PD remains a first-order metric to evaluate silicon efficiency, especially with the emergence of the post-Moore era and heterogeneous logic, with area serving as a proxy for dynamic power. With microarchitectural characteristics of monoliths and microservices continuing to exhibit both front-end and back-end bottlenecks in CPUs, PD can shed light on how much silicon to provision in cores, cache hierarchies, accelerators, network, I/O, and glue logic to maximize throughput while maintaining latency guarantees in datacenter services. With 3-4x smaller cores, out-of-order ARM cores today (e.g., Ampere) achieve a high overall efficiency even at half of the average per-core throughput for scale-out workloads. The addition of SMT [2] may be a promising approach to further increase silicon efficiency in cloud-native CPUs.

#### REFERENCES

- L. A. Barroso, K. Gharachorloo, and E. Bugnion, "Memory system characterization of commercial workloads," in *Proceedings of the 25th Annual International Symposium on Computer Architecture*, 1998.
- [2] M. Ferdman, A. Adileh, O. Kocberber, S. Volos, M. Alisafaee, D. Jevdjic, C. Kaynak, A. D. Popescu, A. Ailamaki, and B. Falsafi, "Quantifying the mismatch between emerging scale-out applications and modern processors," *ACM Transactions on Computer Systems*, vol. 30, no. 4, 2012.
- [3] B. Grot, D. Hardy, P. Lotfi-Kamran, B. Falsafi, C. Nicopoulos, and Y. Sazeides, "Optimizing data-center tco with scale-out processors," *IEEE Micro*, vol. 32, no. 5, 2012.
- [4] N. Hardavellas, M. Ferdman, B. Falsafi, and A. Ailamaki, "Toward dark silicon in servers," *IEEE Micro*, vol. 31, no. 4, 2011.
- [5] N. Hardavellas, I. Pandis, R. Johnson, N. Mancheril, A. Ailamaki, and B. Falsafi, "Database servers on chip multiprocessors: Limitations and opportunities," in *Proceedings of the Third Biennial Conference on Innovative Data Systems Research*, 2007.
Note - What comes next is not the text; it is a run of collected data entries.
-- ===== src/Value/Formats.antt =====
-- rct/Value.cpp: the two formatters, `JSONFormatter` and `StringFormatter`. `none` is a call through
-- the null pointer of a custom object.
use rct.Prelude.{
  ℕ, ◌+◌, ◌-◌, ◌%◌, Bool, true, false, List, [], ◌∷◌, ◌++◌, Option, none, some, and_then,
  if◌then◌else◌, ltb, replicate,
}
use rct.Escape.{json_escape}
use rct.Serializer.{u32_mod}
use rct.Value.{Value, Values, Entries}
use rct.Value.{
  invalid, undefined, boolean, integer, double, string, null_custom, custom, map, list, date, nil,
  cons, end, entry,
}
use rct.Value.Numbers.{number_int, until_null}
use rct.Value.Json.{Env}
use rct.Value.Convert.{true_text, false_text}

abbrev pub null_text : List ℕ
null_text = 110 ∷ 117 ∷ 108 ∷ 108 ∷ []

-- One text behind another, and a separator before all but the first.
unfoldable pub also : Option (List ℕ) → Option (List ℕ) → Option (List ℕ)
also s t = and_then s (λ a. and_then t (λ b. some (a ++ b)))

abbrev pub unless_first : Bool → List ℕ → List ℕ
unless_first first separator = if first then [] else separator

module _ (env : Env) where
  -- `JSONFormatter::format`
  unfoldable mutual
    pub format_json : Value → Option (List ℕ)
    format_json invalid = some null_text
    format_json undefined = some null_text
    format_json (boolean b) = some (if b then true_text else false_text)
    format_json (integer n) = some (number_int (n % u32_mod))
    format_json (double d) = some (env.print_general d)
    format_json (string s) = some (json_escape s)
    format_json null_custom = none
    format_json (custom s) = some (json_escape s)
    format_json (map es) = also (some (123 ∷ [])) (also (json_entries true es) (some (125 ∷ [])))
    format_json (list vs) = also (some (91 ∷ [])) (also (json_values true vs) (some (93 ∷ [])))
    format_json (date t) = some (json_escape (env.format_time t))

    pub json_values : Bool → Values → Option (List ℕ)
    json_values first nil = some []
    json_values first (cons v vs) =
        also (some (unless_first first (44 ∷ []))) (also (format_json v) (json_values false vs))

    pub json_entries : Bool → Entries → Option (List ℕ)
    json_entries first end = some []
    json_entries first (entry k v es) =
        also (some (unless_first first (44 ∷ []) ++ json_escape k ++ (58 ∷ [])))
          (also (format_json v) (json_entries false es))

  -- `StringFormatter::format`, at its `indent`; `"%*s"` is one space at least.
  unfoldable mutual
    pub format_string : ℕ → Value → Option (List ℕ)
    format_string indent invalid = some null_text
    format_string indent undefined = some null_text
    format_string indent (boolean b) = some (if b then true_text else false_text)
    format_string indent (integer n) = some (number_int (n % u32_mod))
    format_string indent (double d) = some (env.print_general d)
    format_string indent (string s) = some s
    format_string indent null_custom = none
    format_string indent (custom s) = some s
    format_string indent (map es) = string_entries (indent + 1) es
    format_string indent (list vs) =
        also (some (91 ∷ 32 ∷ [])) (also (string_values indent true vs) (some (32 ∷ 93 ∷ [])))
    format_string indent (date t) = some (env.format_time t)

    pub string_values : ℕ → Bool → Values → Option (List ℕ)
    string_values indent first nil = some []
    string_values indent first (cons v vs) =
        also (some (unless_first first (44 ∷ 32 ∷ [])))
          (also (format_string indent v) (string_values indent false vs))

    pub string_entries : ℕ → Entries → Option (List ℕ)
    string_entries indent end = some []
    string_entries indent (entry k v es) =
        let spaces = if ltb 1 (indent - 1) then indent - 1 else 1 in
        also (some (replicate spaces 32 ++ until_null k ++ (58 ∷ 32 ∷ [])))
          (also (format_string indent v) (also (some (10 ∷ [])) (string_entries indent es)))

  -- `Value::format`
  unfoldable pub format : Value → Option (List ℕ)
  format v = format_string 0 v
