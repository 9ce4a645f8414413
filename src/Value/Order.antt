-- ===== src/Value/Order.antt =====
-- The order of the keys of a map (rct/Value.h), and entries behind the last one.
use rct.Prelude.{ℕ, ◌≡◌, refl, ap, true, List}
use rct.String.Order.{less}
use rct.Value.{Value, Entries, set_entry, end, entry}

-- The keys of a map ascend.
unfoldable pub Above : List ℕ → Entries → Type 0
Above key end = Unit
Above key (entry k v es) = (less key k ≡ true) × Above key es

-- Every key of the first map is below every key of the second.
unfoldable pub Precedes : Entries → Entries → Type 0
Precedes end es = Unit
Precedes (entry k v ds) es = Above k es × Precedes ds es

unfoldable pub append_entry : Entries → List ℕ → Value → Entries
append_entry end k v = entry k v end
append_entry (entry l w ds) k v = entry l w (append_entry ds k v)

unfoldable pub append_entries : Entries → Entries → Entries
append_entries end es = es
append_entries (entry l w ds) es = entry l w (append_entries ds es)

pub set_entry-append_entry :
    (ds : Entries) (k : List ℕ) (v w : Value) (es : Entries)
    → Precedes ds (entry k w es)
    → set_entry k v ds ≡ append_entry ds k v
unfolding set_entry append_entry Precedes Above
set_entry-append_entry end k v w es h = refl
set_entry-append_entry (entry l u ds) k v w es h =
    rw (h.0.0) (ap (λ x. entry l u x) (set_entry-append_entry ds k v w es h.1))

pub Precedes-append_entry :
    (ds : Entries) (k : List ℕ) (v w : Value) (es : Entries)
    → Precedes ds (entry k w es)
    → Above k es
    → Precedes (append_entry ds k v) es
unfolding append_entry Precedes Above
Precedes-append_entry end k v w es h a = (a, search)
Precedes-append_entry (entry l u ds) k v w es h a = (h.0.1, Precedes-append_entry ds k v w es h.1 a)

pub append_entries_end : (ds : Entries) → append_entries ds end ≡ ds
unfolding append_entries
append_entries_end end = refl
append_entries_end (entry l u ds) = ap (λ x. entry l u x) (append_entries_end ds)

pub append_entries_entry :
    (ds : Entries) (k : List ℕ) (v : Value) (es : Entries)
    → append_entries (append_entry ds k v) es ≡ append_entries ds (entry k v es)
unfolding append_entry append_entries
append_entries_entry end k v es = refl
append_entries_entry (entry l u ds) k v es = ap (λ x. entry l u x) (append_entries_entry ds k v es)
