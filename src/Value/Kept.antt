-- ===== src/Value/Kept.antt =====
-- rct/Value.cpp: what a tree of cJSON keeps of a value.
use rct.Prelude.{
  ℕ, ◌+◌, ◌*◌, ◌%◌, ◌<◌, ◌≡◌, refl, sym, ap, ◌∙◌, true, false, List, [], ◌∷◌, ◌==◌, Bool-cases, inl,
  inr, arith,
}
use rct.Serializer.{u32_mod}
use rct.Value.{Value, Values, Entries, of_int}
use rct.Value.{
  invalid, undefined, boolean, integer, double, string, null_custom, custom, map, list, date, nil,
  cons, end, entry,
}
use rct.Value.Numbers.{until_null}
use rct.Value.Order.{
  Above, Precedes, append_entry, append_entries, set_entry-append_entry, Precedes-append_entry,
  append_entries_end, append_entries_entry,
}
use rct.Value.Json.{
  Env, create_number, to_cjson, to_items, to_members, from_number, from_cjson, from_items,
  from_members,
}

pub until_null_idem : (s : List ℕ) → until_null (until_null s) ≡ until_null s
unfolding until_null
until_null_idem [] = refl
until_null_idem (ch ∷ rest) = elim (Bool-cases (ch == 0)) [
  | inl t ↦ rw (t) refl
  | inr f ↦ rw (f, until_null, f, until_null_idem rest) refl
]

-- The keys of all maps ascend, and have no null byte.
unfoldable mutual
  pub HasOrder : Value → Type 0
  HasOrder (map es) = HasOrderEntries es
  HasOrder (list vs) = HasOrderValues vs
  HasOrder v = Unit

  pub HasOrderValues : Values → Type 0
  HasOrderValues nil = Unit
  HasOrderValues (cons v vs) = HasOrder v × HasOrderValues vs

  pub HasOrderEntries : Entries → Type 0
  HasOrderEntries end = Unit
  HasOrderEntries (entry k v es) = (until_null k ≡ k) × Above k es × HasOrder v × HasOrderEntries es

-- Every `int` is a `double` that is equal to it, and `cJSON_CreateNumber` finds it again.
pub record IntsAreDoubles (env : Env) : Type 0 where
  pub found : (n : ℕ) → n < u32_mod → env.valueint (env.of_int32 n) ≡ n
  pub equal : (n : ℕ) → n < u32_mod → env.same n (env.of_int32 n) ≡ true

module _ (env : Env) (upper : ℕ) where
  -- Dates become integers, integers keep four bytes, doubles that are integers become such, strings
  -- end at a null byte, and what is not valid, not defined or a custom object becomes invalid.
  unfoldable mutual
    pub kept : Value → Value
    kept (boolean b) = boolean b
    kept (date t) = of_int upper t
    kept (integer n) = of_int upper n
    kept (double d) = from_number env upper (env.valueint d) d
    kept (string s) = string (until_null s)
    kept (list vs) = list (kept_values vs)
    kept (map es) = map (kept_entries es)
    kept invalid = invalid
    kept undefined = invalid
    kept null_custom = invalid
    kept (custom s) = invalid

    pub kept_values : Values → Values
    kept_values nil = nil
    kept_values (cons v vs) = cons (kept v) (kept_values vs)

    pub kept_entries : Entries → Entries
    kept_entries end = end
    kept_entries (entry k v es) = entry k (kept v) (kept_entries es)

  module _ (law : IntsAreDoubles env) where
    int_back :
        (n : ℕ)
        → from_cjson env upper (create_number env (env.of_int32 (n % u32_mod))) ≡ of_int upper n
    unfolding from_cjson create_number from_number of_int
    int_back n =
        let small : n % u32_mod < u32_mod = omega arith in
        rw (law.found (n % u32_mod) small, law.equal (n % u32_mod) small)
          (ap (λ x. integer (x + upper * u32_mod)) (omega arith))

    mutual
      unfolding to_cjson from_cjson kept HasOrder Precedes append_entries create_number

      tree_back : (v : Value) → HasOrder v → from_cjson env upper (to_cjson env v) ≡ kept v
      tree_back invalid h = refl
      tree_back undefined h = refl
      tree_back (boolean true) h = refl
      tree_back (boolean false) h = refl
      tree_back (integer n) h = int_back n
      tree_back (double d) h = refl
      tree_back (string s) h = ap (λ x. string x) (until_null_idem s)
      tree_back null_custom h = refl
      tree_back (custom s) h = refl
      tree_back (map es) h = ap (λ x. map x) (entries_back es end h _)
      tree_back (list vs) h = ap (λ x. list x) (values_back vs h)
      tree_back (date t) h = int_back t

      values_back :
          (vs : Values)
          → HasOrderValues vs
          → from_items env upper (to_items env vs) ≡ kept_values vs
      values_back nil h = refl
      values_back (cons v vs) h = rw (tree_back v h.0, values_back vs h.1) refl

      entries_back :
          (es ds : Entries)
          → HasOrderEntries es
          → Precedes ds es
          → from_members env upper (to_members env es) ds ≡ append_entries ds (kept_entries es)
      entries_back end ds h p = sym (append_entries_end ds)
      entries_back (entry k v es) ds h p =
          let (clean, above, here, more) = h in
          rw (clean, clean, tree_back v here, set_entry-append_entry ds k (kept v) v es p)
            (entries_back es (append_entry ds k (kept v)) more
                (Precedes-append_entry ds k (kept v) v es p above)
              ∙ append_entries_entry ds k (kept v) (kept_entries es))

-- What `toCJSON` makes of a value, `fromCJSON` makes the value again, but that dates and integers
-- become integers of four bytes, doubles that cJSON takes for integers become such, strings end at
-- a null byte, and custom objects and undefined become invalid; if every int is a double and cJSON
-- finds it again, and the keys of maps ascend and have no null byte.
pub from_cjson-to_cjson :
    (env : Env) (upper : ℕ) (v : Value)
    → IntsAreDoubles env
    → HasOrder v
    → from_cjson env upper (to_cjson env v) ≡ kept env upper v
from_cjson-to_cjson env upper v law h = tree_back env upper law v h
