-- ===== src/Value/Kinds.antt =====
-- The type of what a conversion (rct/Value.h) returns.
use rct.Prelude.{ℕ, ◌+◌, ◌*◌, ◌≡◌, refl, ap, true, arith}
use rct.Serializer.{u32_mod}
use rct.Value.{Kind, kind, Value, of_int}
use rct.Value.{
  invalid, undefined, boolean, integer, double, string, null_custom, custom, map, list, date,
}
use rct.Value.Json.{Env}
use rct.Value.Convert.{
  convert, convert_custom, convert_list, convert_map, convert_int, convert_long, convert_bool,
  convert_double, convert_string,
}

-- A date is converted to an integer.
unfoldable pub result_kind : Kind → Kind
result_kind date = integer
result_kind k = k

custom-kind : (v : Value) → kind (convert_custom v).0 ≡ Kind.custom
unfolding convert_custom kind
custom-kind null_custom = refl
custom-kind (custom s) = refl
custom-kind invalid = refl
custom-kind undefined = refl
custom-kind (boolean b) = refl
custom-kind (integer n) = refl
custom-kind (double d) = refl
custom-kind (string s) = refl
custom-kind (map es) = refl
custom-kind (list vs) = refl
custom-kind (date t) = refl

pub convert-kind :
    (env : Env) (upper : ℕ) (k : Kind) (v : Value) → kind (convert env upper k v).0 ≡ result_kind k
unfolding convert kind result_kind of_int
convert-kind env upper date v = refl
convert-kind env upper integer v = refl
convert-kind env upper double v = refl
convert-kind env upper boolean v = refl
convert-kind env upper string v = refl
convert-kind env upper invalid v = refl
convert-kind env upper undefined v = refl
convert-kind env upper custom v = custom-kind v
convert-kind env upper list v = refl
convert-kind env upper map v = refl

-- What a value is to its own type.
unfoldable pub itself : ℕ → Value → Value
itself upper (integer n) = of_int upper n
itself upper (date t) = integer t
itself upper v = v

convert-own :
    (env : Env) (upper : ℕ) (v : Value) → convert env upper (kind v) v ≡ (itself upper v, true)
unfolding convert kind itself convert_custom convert_list convert_map convert_int convert_long
    convert_bool convert_double convert_string of_int
convert-own env upper invalid = refl
convert-own env upper undefined = refl
convert-own env upper (boolean b) = refl
convert-own env upper (integer n) = ap (λ x. (integer (x + upper * u32_mod), true)) (omega arith)
convert-own env upper (double d) = refl
convert-own env upper (string s) = refl
convert-own env upper null_custom = refl
convert-own env upper (custom s) = refl
convert-own env upper (map es) = refl
convert-own env upper (list vs) = refl
convert-own env upper (date t) = refl

-- A conversion returns a value of the type that is asked for, but an integer for a date; a value is
-- converted to its own type without an error, and stays what it is, but that an integer is cut to
-- four bytes and a date becomes an integer.
pub convert-result_kind :
    (env : Env) (upper : ℕ) (k : Kind) (v : Value)
    → (kind (convert env upper k v).0 ≡ result_kind k)
      × (convert env upper (kind v) v ≡ (itself upper v, true))
convert-result_kind env upper k v = (convert-kind env upper k v, convert-own env upper v)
- [6] K. Keeton, D. A. Patterson, Y. Q. He, R. C. Raphael, and W. E. Baker, "Performance characterization of a quad pentium pro SMP using OLTP workloads," in *Proceedings of the 25th Annual International Symposium* on Computer Architecture, 1998.
- [7] P. Lotfi-Kamran, B. Grot, and B. Falsafi, "Noc-Out: Microarchitecting a Scale-Out Processor," in 45th Annual IEEE/ACM International Symposium on Microarchitecture, 2012.
- [8] P. Lotfi-Kamran, B. Grot, M. Ferdman, S. Volos, O. Kocberber, J. Picorel, A. Adileh, D. Jevdjic, S. Idgunji, E. Ozer, and B. Falsafi, "Scale-Out Processors," in *Proceedings of the 39th International Symposium on Computer Architecture*, 2012.
- [9] S. Novakovic, A. Daglis, E. Bugnion, B. Falsafi, and B. Grot, "The case for rackout: Scalable data serving using rack-scale systems," in *Proceedings of the Seventh ACM Symposium on Cloud Computing*, 2016.